Skip to content

Enrich GLAD and Fire data with contextual information in Hadoop, upload results to GFW API

Notifications You must be signed in to change notification settings

wri/gfw-country-pages-analysis-2

Repository files navigation

gfw-country-pages-analysis-2

This repo tabulates statistics for GLAD, Terra I and fires datasets in all of our country-pages geographies (gadm36, wdpa, mining, etc), then saves them to the API for use on various platform websites.

Here's a visualization of one of these summary tables-- the graph of weekly GLAD alerts in Brazil on the GFW Climate: http://climate.globalforestwatch.org/insights/glad-alerts/BRA

General workflow

We take alert point data (GLAD, Terra I, fires) and run a hadoop process to add iso/adm1/adm2 information to it. The hadoop_pip repo does the hard geospatial work, and then we pull the results down for postprocessing. Once formatted properly, we save the results as CSV on S3, then use those tables to update GFW API datasets.

Point data

CSV files of alerts (GLAD, TerraI, fires), stored in folders on S3. GLAD data (for example) is here: s3://gfw2-data/alerts-tsv/glad/

Polygon data

TSV files of polygon geometry and attributes. Created by our vector-to-tsv process.
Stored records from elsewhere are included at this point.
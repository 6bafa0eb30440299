-- ===== src/Detector/Evaluate/Laws.antt =====
-- What an opportunity that is sent promises.
use sovereign_shadow_mev.Prelude.{
  ℕ, zero, suc, ◌+◌, ◌-◌, ◌/◌, ◌^◌, ◌≤◌, ◌<◌, ◌≡◌, refl, ap, subst, arith, false, Option, none,
  some, List, [], ◌∷◌, length, ltb, ltb→lt, ◌==◌, if◌then◌else◌, Run, panic, done, at_run, Returns,
  Bool-cases, inl, inr,
}
use sovereign_shadow_mev.Prelude.Int.{pos, pos_part, ltb_ℤ}
use sovereign_shadow_mev.Uint.{add256}
use sovereign_shadow_mev.Models.{DexType, Hop, MempoolTx, Opportunity}
use sovereign_shadow_mev.Mirror.Pools.{PoolState}
use sovereign_shadow_mev.MathEngine.PathOutput.{
  hop_output, path_output_from, get_path_output_with_states,
}
use sovereign_shadow_mev.MathEngine.Golden.{
  Section, section_round, section_start, section_end, find_optimal_input,
}
use sovereign_shadow_mev.MathEngine.Golden.Laws.{find_optimal_input_sound}
use sovereign_shadow_mev.Detector.Cycles.Laws.{bind-Returns, at_run-Returns}
use sovereign_shadow_mev.Detector.Evaluate.{
  uses_aerodrome, gain, is_panic, objective, loop_panics, search_panics, search_input, min_input,
  max_input, price_path, opportunity_of, evaluate,
}

abbrev pub IsPlain : DexType → Type 0
IsPlain DexType.aerodrome = ⊥
IsPlain _ = Unit

-- No hop is of a pool of Aerodrome.
abbrev pub ArePlain : List Hop → Type 0
ArePlain [] = Unit
ArePlain (hop ∷ hops) = IsPlain hop.dex_type × ArePlain hops

plain_output :
    (t : DexType) (x : ℕ) (y : Run ℕ)
    → IsPlain t
    → Returns
        (elim t [
          | DexType.uniswap_v2 ↦ done x
          | DexType.aerodrome ↦ y
          | DexType.uniswap_v3 ↦ done 0
          | DexType.maverick_v2 ↦ done 0
        ])
        (λ _. Unit)
plain_output DexType.uniswap_v2 x y h = tt
plain_output DexType.aerodrome x y h = absurd h
plain_output DexType.uniswap_v3 x y h = tt
plain_output DexType.maverick_v2 x y h = tt

gain-exact :
    (m : Run ℕ) (amt profit : ℕ) → gain m amt ≡ pos profit → 0 < profit → m ≡ done (amt + profit)
gain-exact panic amt profit e more = let same = ap pos_part e in absurd (omega (arith, same, more))
gain-exact (done out) amt profit e more = elim (Bool-cases (ltb (out - amt) (2 ^ 255))) [
  | inl fits ↦
      let same : pos (out - amt) ≡ pos profit =
        subst (λ b. (if b then pos (out - amt) else pos 0) ≡ pos profit) fits e in
      let exact = ap pos_part same in ap done (omega (arith, exact, more))
  | inr big ↦
      let same : pos 0 ≡ pos profit =
        subst (λ b. (if b then pos (out - amt) else pos 0) ≡ pos profit) big e in
      let exact = ap pos_part same in absurd (omega (arith, exact, more))
]

Returns-is_panic : (m : Run ℕ) → Returns m (λ _. Unit) → is_panic m ≡ false
Returns-is_panic (done out) h = refl
Returns-is_panic panic h = absurd h

module _ (output : ℕ → Run ℕ) (total : (amt : ℕ) → is_panic (output amt) ≡ false) where
  loop_panics-never : (rounds : ℕ) (s : Section) → loop_panics output rounds s ≡ false
  unfolding loop_panics
  loop_panics-never zero s = refl
  loop_panics-never (suc rounds) s =
      let next = section_round (objective output) s in
      let tried = total (if ltb_ℤ s.f_d s.f_c then next.c else next.d) in
      let later = loop_panics-never rounds next in rw (tried, later) (ground arith)

  search_input-finds :
      (lo hi : ℕ) → search_input output lo hi ≡ done (find_optimal_input (objective output) lo hi)
  unfolding search_input search_panics
  search_input-finds lo hi =
      let first = section_start (objective output) lo hi in
      let last = section_end (objective output) lo hi in
      rw
        (total first.c, total first.d, loop_panics-never 40 first, total (add256 last.a last.b / 2))
        refl

module _ (guess : ℕ → ℕ → ℕ → ℕ) (states : List PoolState) where
  hop_output-Returns :
      (hop : Hop) (state : PoolState) (amount : ℕ)
      → IsPlain hop.dex_type
      → Returns (hop_output guess hop state amount) (λ _. Unit)
  unfolding hop_output
  hop_output-Returns hop state amount plain = plain_output hop.dex_type _ _ plain

  path_output_from-Returns :
      (hops : List Hop) (i amount : ℕ)
      → ArePlain hops
      → i + length hops ≤ length states
      → Returns (path_output_from guess i hops amount states) (λ _. Unit)
  unfolding path_output_from
  path_output_from-Returns [] i amount plain within = tt
  path_output_from-Returns (hop ∷ hops) i amount plain within = elim (Bool-cases (amount == 0)) [
    | inl nothing ↦ rw nothing tt
    | inr some_in ↦ rw some_in (
        bind-Returns (at_run states i) _ _ _ (at_run-Returns states i (omega arith)) (λ state there.
          bind-Returns (hop_output guess hop state amount) _ _ _
            (hop_output-Returns hop state amount plain.0)
            (λ out _. path_output_from-Returns hops (i + 1) out plain.1 (omega arith))))
  ]

  -- More profit than the minimum, at an input from 0.001 to 100 ether at which the path gives the input and the
  -- profit.
  abbrev pub IsWorth : ℕ → List Hop → Option Opportunity → Type 0
  IsWorth min_profit_wei hops none = Unit
  IsWorth min_profit_wei hops (some opp) =
      (min_profit_wei < opp.expected_profit)
      × (min_input ≤ opp.input_amount)
      × (opp.input_amount ≤ max_input)
      × (get_path_output_with_states guess hops opp.input_amount states
          ≡ done (opp.input_amount + opp.expected_profit))

  -- An input from 0.001 to 100 ether, and a profit, at which the path gives the two together.
  abbrev IsOffered : List Hop → ℕ × ℕ → Type 0
  IsOffered hops priced =
      (min_input ≤ priced.0)
      × (priced.0 ≤ max_input)
      × (get_path_output_with_states guess hops priced.0 states ≡ done (priced.0 + priced.1))

  found-IsOffered :
      (hops : List Hop) (min_profit_wei : ℕ)
      → min_profit_wei
        < (find_optimal_input
            (objective (λ amt. get_path_output_with_states guess hops amt states))
            min_input
            max_input).1
      → IsOffered hops (
          find_optimal_input
            (objective (λ amt. get_path_output_with_states guess hops amt states))
            min_input
            max_input)
  found-IsOffered hops min_profit_wei more =
      let output : ℕ → Run ℕ = λ amt. get_path_output_with_states guess hops amt states in
      let found = find_optimal_input (objective output) min_input max_input in
      elim (find_optimal_input_sound (objective output) min_input max_input (omega arith)
        (omega arith) (omega arith)) [
          | inl nothing ↦
              let zero_profit = ap (λ (p : ℕ × ℕ). p.1) nothing in
              absurd (omega (arith, zero_profit, more))
          | inr good ↦ (good.0, good.1, gain-exact (output found.0) found.0 found.1 good.2 good.3)
        ]

  module _ (newton : List Hop → List PoolState → Run ℕ) (hash : List Hop → ℕ)
      (min_profit_wei count sender : ℕ) (mempool_tx : Option MempoolTx) where
    opportunity_of-IsWorth :
        (start_token : ℕ) (hops : List Hop) (priced : ℕ × ℕ)
        → (min_profit_wei < priced.1 → IsOffered hops priced)
        → IsWorth min_profit_wei hops (
            opportunity_of guess newton hash min_profit_wei count sender mempool_tx start_token hops
              priced)
    unfolding opportunity_of
    opportunity_of-IsWorth start_token hops (optimal_in, profit) h =
        elim (Bool-cases (ltb min_profit_wei profit)) [
          | inr poor ↦ rw poor tt
          | inl rich ↦
              let more = ltb→lt min_profit_wei profit rich in
              let offered = h more in rw rich (more, offered.0, offered.1, offered.2)
        ]

    -- A path of at least one hop, none of them of a pool of Aerodrome, with a state for each hop,
    -- is evaluated without a panic, whatever the states; an opportunity that comes of it has a
    -- profit above the minimum and an input from 0.001 to 100 ether, and for that input the path
    -- gives exactly the input and the profit.
    pub evaluate-IsWorth :
        (hop : Hop) (hops : List Hop)
        → uses_aerodrome (hop ∷ hops) ≡ false
        → ArePlain (hop ∷ hops)
        → length (hop ∷ hops) ≡ length states
        → Returns
            (evaluate guess newton hash min_profit_wei count sender mempool_tx (hop ∷ hops) states)
            (IsWorth min_profit_wei (hop ∷ hops))
    unfolding evaluate price_path get_path_output_with_states
    evaluate-IsWorth hop hops other plain same =
        let path = hop ∷ hops in
        let output : ℕ → Run ℕ = λ amt. get_path_output_with_states guess path amt states in
        let total : (amt : ℕ) → is_panic (output amt) ≡ false = λ amt.
          Returns-is_panic (output amt) (path_output_from-Returns path 0 amt plain (omega arith)) in
        let found = search_input-finds output total min_input max_input in
        rw (other, found)
          (opportunity_of-IsWorth hop.token_in path
            (find_optimal_input (objective output) min_input max_input)
            (found-IsOffered path min_profit_wei))
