-- ===== src/Mirror/Traders.antt =====
-- src/state_mirror.rs: the traders seen at each pool.
use sovereign_shadow_mev.Prelude.{
  ℕ, ◌+◌, ◌≤◌, ◌≡◌, refl, ap, arith, Bool, Option, none, some, List, [], ◌∷◌, length, contains, leb,
  ltb, ◌==◌, if◌then◌else◌, Bool-cases, inl, inr, ◌⊎◌,
}
use sovereign_shadow_mev.Prelude.Assoc.{lookup, insert, lookup-insert}
use sovereign_shadow_mev.Mirror.Pools.{StateMirror}

-- `DashSet::insert`
unfoldable pub set_insert : ℕ → List ℕ → List ℕ
set_insert x xs = if contains xs x then xs else x ∷ xs

abbrev pub or_empty : Option (List ℕ) → List ℕ
or_empty none = []
or_empty (some xs) = xs

-- A set of more than 100 traders is cleared.
unfoldable pub trader_entry : ℕ → List ℕ → List ℕ
trader_entry trader traders =
    let more = set_insert trader traders in if ltb 100 (length more) then [] else more

unfoldable pub record_trader : StateMirror → ℕ → ℕ → StateMirror
record_trader m pool trader = if trader == 0 then m else record m {
  trader_registry =
      insert pool (trader_entry trader (or_empty (lookup pool m.trader_registry)))
        m.trader_registry;
}

unfoldable pub get_competition_score : StateMirror → ℕ → ℕ
get_competition_score m pool = length (or_empty (lookup pool m.trader_registry))

unfoldable pub is_congested : StateMirror → ℕ → ℕ → Bool
is_congested m pool max_bots = leb max_bots (get_competition_score m pool)

trader_entry-small : (t : ℕ) (ts : List ℕ) → length (trader_entry t ts) ≤ 100
unfolding trader_entry
trader_entry-small t ts = ground arith

trader_entry-grows : (t : ℕ) (ts : List ℕ) → length (trader_entry t ts) ≤ length ts + 1
unfolding trader_entry set_insert
trader_entry-grows t ts = ground arith

-- Where no pool has a score above 100, recording a trader leaves none above 100, raises a score by
-- at most one, and leaves the score of every other pool as it was.
pub record_trader-score :
    (m : StateMirror) (pool trader other : ℕ)
    → ((p : ℕ) → get_competition_score m p ≤ 100)
    → (get_competition_score (record_trader m pool trader) other ≤ 100)
      × (get_competition_score (record_trader m pool trader) other
          ≤ get_competition_score m other + 1)
      × ((pool ≡ other)
          ⊎ (get_competition_score (record_trader m pool trader) other
              ≡ get_competition_score m other))
unfolding record_trader get_competition_score
record_trader-score m pool trader other small =
    let grown = trader_entry-grows trader (or_empty (lookup pool m.trader_registry)) in
    let little = trader_entry-small trader (or_empty (lookup pool m.trader_registry)) in
    let read =
      lookup-insert pool other (trader_entry trader (or_empty (lookup pool m.trader_registry)))
        m.trader_registry in
    let here = small other in
    elim (Bool-cases (trader == 0)) [
      | inl nobody ↦ rw nobody (here, omega arith, inr refl)
      | inr somebody ↦ elim (Bool-cases (pool == other)) [
        | inl same ↦
            let e : pool ≡ other = ground arith in
            let score = ap (λ p. length (or_empty (lookup p m.trader_registry))) e in
            rw (somebody, read, same) (little, omega arith, inl e)
        | inr differs ↦ rw (somebody, read, differs) (here, omega arith, inr refl)
      ]
    ]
These files don't update very often- usually yearly when we do our loss update. GADM36 boundaries are here: s3://gfw2-data/alerts-tsv/country-pages/admin-only/

Understanding the config spreadsheet

Config information is stored in this google sheet. If you don't have access, please try logging in with the wriforests@gmail.com credentials.

Hadoop tab

This tab maps forest datasets (GLAD, Terra I, fires) and environments (staging/prod) to config files. These config files are stored in this repo, and have info about the point and polygon files we want to intersect for this dataset.

API endpoint lookup tab

This tab stores information about the final output from this process. After we pull the hadoop output down and postprocess, we use this tab (and our combination of dataset / environment / summary type) to determine where to push the final CSV, and what dataset id to run a data-overwrite on when we're ready. This tab is also a helpful reference point for Vizzuality to make sure we're both using the same dataset IDs.

Stepping through the process

Kickoff the process

python update_country_stats.py -d umd_landsat_alerts -e prod

Grab the correct .ini file based on dataset and environment

The hadoop tab of our config spreadsheet points us to glad_prod.ini, which currently looks like this:

; hadoop specific config setting
[reduce]
size = 1.0

; add polygon directory and specify what fields we want to use
[polygons]
path = s3://gfw2-data/alerts-tsv/country-pages/admin-only/
wkt = 0
fields = 1,2,3,6,7,8

; same for points, also specify that this is a CSV
[points]
path = s3://gfw2-data/alerts-tsv/glad/
x = 0
y = 1
fields=0,1,2,3,4,5,6,7
sep = ,

; store the output locally on HDFS, we'll export it from there
[output]
path = hdfs:///user/hadoop/output
sep = ,

; after we've done the spatial join, execute this SQL
; this will GROUP BY our fields of interest, summing area of alerts + emissions
[sql]
query1 = SELECT _c2, _c3, _c4, sum(_c5), sum(_c6), _c7, _c8, _c9, _c10, _c11, _c12, _c13, count(*) FROM my_table GROUP BY _c2, _c3, _c4, _c7, _c8, _c9, _c10, _c11, _c12, _c13

; will generate a full table (before GROUP BY) export
[export_type]
name = glad
Start hadoop_pip using this config

We'll then start a hadoop job using the above config. We'll use the hadoop_pip repo to intersect the points path and polygons path defined above, execute the SQL statement on the resulting table, then return the CSV for local processing.

Summarize results

This summary process varies by dataset, most just want to count alerts by day, then group to iso, adm1, or adm2. Some (climate) have sophisticated postprocessing required.

Push to API

These output tables are pushed to S3. The code then makes POST requests to the API to use them to overwrite existing datasets.

Automatic processing

Scheduled tasks on the Data Management server currently run the fires_report dataset nightly, and the fires_country_pages dataset every Monday. Simple .cmd files for these batch tasks are in the utilities directory.